[Stored data entries]
────────────────────────────────────────

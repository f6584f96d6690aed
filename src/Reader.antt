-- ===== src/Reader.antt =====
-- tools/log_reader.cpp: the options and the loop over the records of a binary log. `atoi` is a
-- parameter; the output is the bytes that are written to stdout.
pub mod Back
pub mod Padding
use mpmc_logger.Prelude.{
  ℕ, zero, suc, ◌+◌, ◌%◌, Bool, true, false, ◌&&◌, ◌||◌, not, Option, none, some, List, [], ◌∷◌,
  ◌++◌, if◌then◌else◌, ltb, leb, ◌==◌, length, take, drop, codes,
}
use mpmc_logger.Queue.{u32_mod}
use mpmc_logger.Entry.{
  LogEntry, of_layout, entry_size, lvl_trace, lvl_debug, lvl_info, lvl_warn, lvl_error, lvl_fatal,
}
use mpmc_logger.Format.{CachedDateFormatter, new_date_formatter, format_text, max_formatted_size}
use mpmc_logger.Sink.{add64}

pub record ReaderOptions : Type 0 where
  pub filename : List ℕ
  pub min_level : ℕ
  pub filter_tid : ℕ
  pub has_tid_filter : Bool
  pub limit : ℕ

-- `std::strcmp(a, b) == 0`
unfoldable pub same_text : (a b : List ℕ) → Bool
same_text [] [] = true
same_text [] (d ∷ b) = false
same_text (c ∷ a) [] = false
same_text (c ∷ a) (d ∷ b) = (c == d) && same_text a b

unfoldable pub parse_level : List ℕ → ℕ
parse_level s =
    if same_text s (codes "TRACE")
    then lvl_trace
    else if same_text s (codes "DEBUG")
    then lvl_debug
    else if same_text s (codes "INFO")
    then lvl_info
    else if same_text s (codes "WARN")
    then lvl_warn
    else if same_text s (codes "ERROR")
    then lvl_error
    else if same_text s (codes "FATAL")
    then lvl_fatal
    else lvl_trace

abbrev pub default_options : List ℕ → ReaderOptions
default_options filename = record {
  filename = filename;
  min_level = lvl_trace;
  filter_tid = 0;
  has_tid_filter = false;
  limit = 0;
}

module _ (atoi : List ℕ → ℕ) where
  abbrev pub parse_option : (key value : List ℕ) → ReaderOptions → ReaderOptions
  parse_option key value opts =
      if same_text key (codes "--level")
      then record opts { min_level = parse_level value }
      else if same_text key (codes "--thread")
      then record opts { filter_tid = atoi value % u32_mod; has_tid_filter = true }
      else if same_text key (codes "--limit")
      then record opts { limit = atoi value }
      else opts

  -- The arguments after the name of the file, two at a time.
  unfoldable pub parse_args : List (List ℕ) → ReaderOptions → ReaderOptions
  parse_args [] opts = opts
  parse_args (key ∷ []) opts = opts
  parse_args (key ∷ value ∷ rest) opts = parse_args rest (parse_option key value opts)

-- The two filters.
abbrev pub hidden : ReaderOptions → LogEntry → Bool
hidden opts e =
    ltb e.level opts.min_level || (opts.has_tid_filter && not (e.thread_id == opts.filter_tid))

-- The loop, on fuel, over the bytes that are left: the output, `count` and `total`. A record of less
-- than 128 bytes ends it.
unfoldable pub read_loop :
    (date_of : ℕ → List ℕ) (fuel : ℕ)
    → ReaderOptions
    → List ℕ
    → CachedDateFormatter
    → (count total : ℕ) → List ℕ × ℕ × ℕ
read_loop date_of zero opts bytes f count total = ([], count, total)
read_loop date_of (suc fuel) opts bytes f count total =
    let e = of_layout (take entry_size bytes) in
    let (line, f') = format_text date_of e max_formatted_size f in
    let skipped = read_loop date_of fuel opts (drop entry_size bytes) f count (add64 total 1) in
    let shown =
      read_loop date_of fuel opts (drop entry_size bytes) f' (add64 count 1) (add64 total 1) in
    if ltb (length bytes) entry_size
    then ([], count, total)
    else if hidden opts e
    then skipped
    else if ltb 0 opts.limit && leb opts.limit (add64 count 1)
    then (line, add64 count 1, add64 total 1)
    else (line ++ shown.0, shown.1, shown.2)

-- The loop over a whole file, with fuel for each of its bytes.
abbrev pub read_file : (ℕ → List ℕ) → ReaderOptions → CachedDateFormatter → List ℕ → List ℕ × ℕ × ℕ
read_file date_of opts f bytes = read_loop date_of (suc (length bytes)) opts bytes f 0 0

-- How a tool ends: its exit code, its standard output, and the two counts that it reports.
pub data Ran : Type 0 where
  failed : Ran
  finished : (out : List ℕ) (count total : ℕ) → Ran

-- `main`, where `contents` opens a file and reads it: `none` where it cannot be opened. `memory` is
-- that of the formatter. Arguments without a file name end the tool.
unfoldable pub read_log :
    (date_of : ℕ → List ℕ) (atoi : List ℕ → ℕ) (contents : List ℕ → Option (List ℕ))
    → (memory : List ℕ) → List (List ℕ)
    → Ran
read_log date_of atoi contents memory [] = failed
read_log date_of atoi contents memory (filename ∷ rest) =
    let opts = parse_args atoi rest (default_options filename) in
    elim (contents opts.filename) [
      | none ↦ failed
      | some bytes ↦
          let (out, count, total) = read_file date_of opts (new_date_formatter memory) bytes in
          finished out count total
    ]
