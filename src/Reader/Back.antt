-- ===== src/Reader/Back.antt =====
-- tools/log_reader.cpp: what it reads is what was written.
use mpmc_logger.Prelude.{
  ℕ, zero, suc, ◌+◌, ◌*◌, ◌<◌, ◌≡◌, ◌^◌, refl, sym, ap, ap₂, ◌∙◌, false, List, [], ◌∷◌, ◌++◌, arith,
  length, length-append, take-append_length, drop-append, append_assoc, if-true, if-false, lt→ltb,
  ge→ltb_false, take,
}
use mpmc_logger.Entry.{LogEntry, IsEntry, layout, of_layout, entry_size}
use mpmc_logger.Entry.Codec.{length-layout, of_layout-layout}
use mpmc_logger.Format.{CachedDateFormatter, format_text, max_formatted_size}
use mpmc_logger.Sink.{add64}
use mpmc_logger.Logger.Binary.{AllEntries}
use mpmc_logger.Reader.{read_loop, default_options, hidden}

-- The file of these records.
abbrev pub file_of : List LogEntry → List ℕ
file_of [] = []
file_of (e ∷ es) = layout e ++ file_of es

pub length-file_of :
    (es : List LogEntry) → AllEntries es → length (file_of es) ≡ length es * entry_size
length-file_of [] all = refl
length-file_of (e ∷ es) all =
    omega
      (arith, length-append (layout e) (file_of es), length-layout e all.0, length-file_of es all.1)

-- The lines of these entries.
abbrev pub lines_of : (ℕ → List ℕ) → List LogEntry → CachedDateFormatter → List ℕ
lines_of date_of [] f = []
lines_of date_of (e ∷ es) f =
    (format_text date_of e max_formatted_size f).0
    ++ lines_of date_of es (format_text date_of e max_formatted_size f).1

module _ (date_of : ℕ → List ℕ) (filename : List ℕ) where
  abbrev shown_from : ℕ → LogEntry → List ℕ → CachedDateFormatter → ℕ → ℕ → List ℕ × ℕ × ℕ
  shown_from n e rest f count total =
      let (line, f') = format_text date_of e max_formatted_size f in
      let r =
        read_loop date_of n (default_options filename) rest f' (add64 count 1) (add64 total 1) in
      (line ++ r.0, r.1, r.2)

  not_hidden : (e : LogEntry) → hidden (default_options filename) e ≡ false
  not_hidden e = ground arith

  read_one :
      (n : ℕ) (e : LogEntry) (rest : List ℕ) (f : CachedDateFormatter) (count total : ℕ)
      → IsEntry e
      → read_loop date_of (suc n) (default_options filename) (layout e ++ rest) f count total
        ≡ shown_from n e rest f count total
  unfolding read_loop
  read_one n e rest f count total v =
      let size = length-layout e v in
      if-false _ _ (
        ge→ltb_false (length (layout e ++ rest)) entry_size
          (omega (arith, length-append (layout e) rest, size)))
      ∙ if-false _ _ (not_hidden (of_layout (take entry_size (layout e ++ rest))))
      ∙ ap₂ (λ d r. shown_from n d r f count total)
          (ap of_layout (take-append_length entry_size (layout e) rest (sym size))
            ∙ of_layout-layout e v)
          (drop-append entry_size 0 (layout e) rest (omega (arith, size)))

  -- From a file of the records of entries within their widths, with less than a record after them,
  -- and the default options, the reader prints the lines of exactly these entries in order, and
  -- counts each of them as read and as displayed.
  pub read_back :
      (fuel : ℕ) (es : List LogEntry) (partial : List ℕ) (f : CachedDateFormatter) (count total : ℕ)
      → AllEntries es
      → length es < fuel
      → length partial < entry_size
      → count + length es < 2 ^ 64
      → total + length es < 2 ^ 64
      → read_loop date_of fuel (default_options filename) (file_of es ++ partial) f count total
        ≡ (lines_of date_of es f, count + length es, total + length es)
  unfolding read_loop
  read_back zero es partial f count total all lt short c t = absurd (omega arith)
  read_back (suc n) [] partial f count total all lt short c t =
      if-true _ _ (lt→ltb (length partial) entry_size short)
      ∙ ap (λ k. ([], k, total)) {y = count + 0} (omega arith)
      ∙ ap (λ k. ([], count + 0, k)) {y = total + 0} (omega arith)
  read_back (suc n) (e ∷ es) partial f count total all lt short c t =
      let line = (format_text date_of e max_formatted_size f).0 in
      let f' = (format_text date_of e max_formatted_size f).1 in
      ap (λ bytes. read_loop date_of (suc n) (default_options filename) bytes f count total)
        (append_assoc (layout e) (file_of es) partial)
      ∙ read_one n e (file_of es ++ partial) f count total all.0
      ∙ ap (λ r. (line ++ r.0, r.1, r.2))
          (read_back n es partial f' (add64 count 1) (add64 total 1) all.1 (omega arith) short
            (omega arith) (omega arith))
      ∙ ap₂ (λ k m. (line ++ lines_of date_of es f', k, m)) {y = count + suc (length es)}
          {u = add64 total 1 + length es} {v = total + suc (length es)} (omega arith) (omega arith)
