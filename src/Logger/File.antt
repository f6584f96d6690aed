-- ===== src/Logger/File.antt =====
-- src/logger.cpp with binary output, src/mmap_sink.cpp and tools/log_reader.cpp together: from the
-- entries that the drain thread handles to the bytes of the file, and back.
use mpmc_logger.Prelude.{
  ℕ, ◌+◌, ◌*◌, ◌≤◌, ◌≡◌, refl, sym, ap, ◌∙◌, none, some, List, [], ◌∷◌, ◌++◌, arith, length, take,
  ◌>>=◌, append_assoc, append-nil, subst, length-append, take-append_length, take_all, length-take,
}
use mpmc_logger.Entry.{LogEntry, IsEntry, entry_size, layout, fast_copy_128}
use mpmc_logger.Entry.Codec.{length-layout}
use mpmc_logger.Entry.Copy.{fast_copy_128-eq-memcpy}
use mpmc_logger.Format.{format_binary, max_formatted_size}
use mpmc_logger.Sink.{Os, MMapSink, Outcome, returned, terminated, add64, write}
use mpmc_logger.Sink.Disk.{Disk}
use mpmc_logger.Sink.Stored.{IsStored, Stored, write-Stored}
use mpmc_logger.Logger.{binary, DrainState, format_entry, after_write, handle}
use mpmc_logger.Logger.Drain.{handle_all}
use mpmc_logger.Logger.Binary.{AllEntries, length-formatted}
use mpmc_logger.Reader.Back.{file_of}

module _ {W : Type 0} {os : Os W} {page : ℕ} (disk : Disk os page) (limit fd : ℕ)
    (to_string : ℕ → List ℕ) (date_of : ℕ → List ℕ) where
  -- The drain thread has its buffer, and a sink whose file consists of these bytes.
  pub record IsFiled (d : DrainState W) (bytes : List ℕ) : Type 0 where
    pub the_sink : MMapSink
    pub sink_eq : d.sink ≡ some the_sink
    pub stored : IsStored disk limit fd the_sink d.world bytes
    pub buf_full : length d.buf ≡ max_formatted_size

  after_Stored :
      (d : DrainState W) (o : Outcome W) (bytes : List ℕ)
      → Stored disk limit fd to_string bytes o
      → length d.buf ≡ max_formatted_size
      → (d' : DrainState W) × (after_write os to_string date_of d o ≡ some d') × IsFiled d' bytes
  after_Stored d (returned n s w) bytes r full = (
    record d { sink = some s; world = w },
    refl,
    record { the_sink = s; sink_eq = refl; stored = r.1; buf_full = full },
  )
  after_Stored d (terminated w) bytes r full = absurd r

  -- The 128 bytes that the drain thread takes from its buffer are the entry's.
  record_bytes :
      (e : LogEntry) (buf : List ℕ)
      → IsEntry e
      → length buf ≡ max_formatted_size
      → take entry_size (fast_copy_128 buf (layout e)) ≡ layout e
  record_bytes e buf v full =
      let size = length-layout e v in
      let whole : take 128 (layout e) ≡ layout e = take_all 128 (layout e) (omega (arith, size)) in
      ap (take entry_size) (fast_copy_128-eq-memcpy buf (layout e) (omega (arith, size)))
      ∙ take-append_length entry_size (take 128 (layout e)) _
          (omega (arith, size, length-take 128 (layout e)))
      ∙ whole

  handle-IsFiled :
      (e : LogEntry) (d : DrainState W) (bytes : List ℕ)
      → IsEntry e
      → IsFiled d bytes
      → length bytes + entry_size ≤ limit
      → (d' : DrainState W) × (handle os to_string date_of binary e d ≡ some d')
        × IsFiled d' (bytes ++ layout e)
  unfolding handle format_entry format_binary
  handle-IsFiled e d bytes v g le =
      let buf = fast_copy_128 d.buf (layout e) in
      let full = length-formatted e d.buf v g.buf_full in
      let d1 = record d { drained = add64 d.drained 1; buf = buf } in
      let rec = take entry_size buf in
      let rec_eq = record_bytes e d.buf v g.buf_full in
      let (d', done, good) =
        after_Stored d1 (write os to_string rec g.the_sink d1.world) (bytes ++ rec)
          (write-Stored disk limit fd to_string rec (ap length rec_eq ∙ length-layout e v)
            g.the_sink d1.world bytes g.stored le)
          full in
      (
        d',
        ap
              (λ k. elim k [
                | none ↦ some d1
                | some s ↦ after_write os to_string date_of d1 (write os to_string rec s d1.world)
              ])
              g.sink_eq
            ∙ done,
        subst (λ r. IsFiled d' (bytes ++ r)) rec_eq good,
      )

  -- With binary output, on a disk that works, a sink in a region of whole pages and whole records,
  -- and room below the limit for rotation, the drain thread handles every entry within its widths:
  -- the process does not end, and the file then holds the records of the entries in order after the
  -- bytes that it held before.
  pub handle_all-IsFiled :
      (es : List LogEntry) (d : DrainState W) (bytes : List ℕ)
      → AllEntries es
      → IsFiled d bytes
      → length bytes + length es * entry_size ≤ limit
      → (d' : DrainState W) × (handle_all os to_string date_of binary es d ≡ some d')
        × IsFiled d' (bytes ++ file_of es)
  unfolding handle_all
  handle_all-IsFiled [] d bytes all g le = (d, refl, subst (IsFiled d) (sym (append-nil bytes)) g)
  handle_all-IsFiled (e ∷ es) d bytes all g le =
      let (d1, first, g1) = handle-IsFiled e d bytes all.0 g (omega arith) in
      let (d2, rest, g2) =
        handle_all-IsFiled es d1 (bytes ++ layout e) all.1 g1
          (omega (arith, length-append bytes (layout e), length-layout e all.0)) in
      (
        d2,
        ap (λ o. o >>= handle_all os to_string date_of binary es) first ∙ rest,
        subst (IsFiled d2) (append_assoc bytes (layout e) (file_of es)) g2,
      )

────────────────────────────────────────

Go through the entries and return each line where the word "Bool" appears.

**Answer to the problem:**
  ℕ, zero, suc, ◌+◌, ◌%◌, Bool, true, false, ◌&&◌, ◌||◌, not, Option, none, some, List, [], ◌∷◌,
  pub has_tid_filter : Bool
unfoldable pub same_text : (a b : List ℕ) → Bool
abbrev pub hidden : ReaderOptions → LogEntry → Bool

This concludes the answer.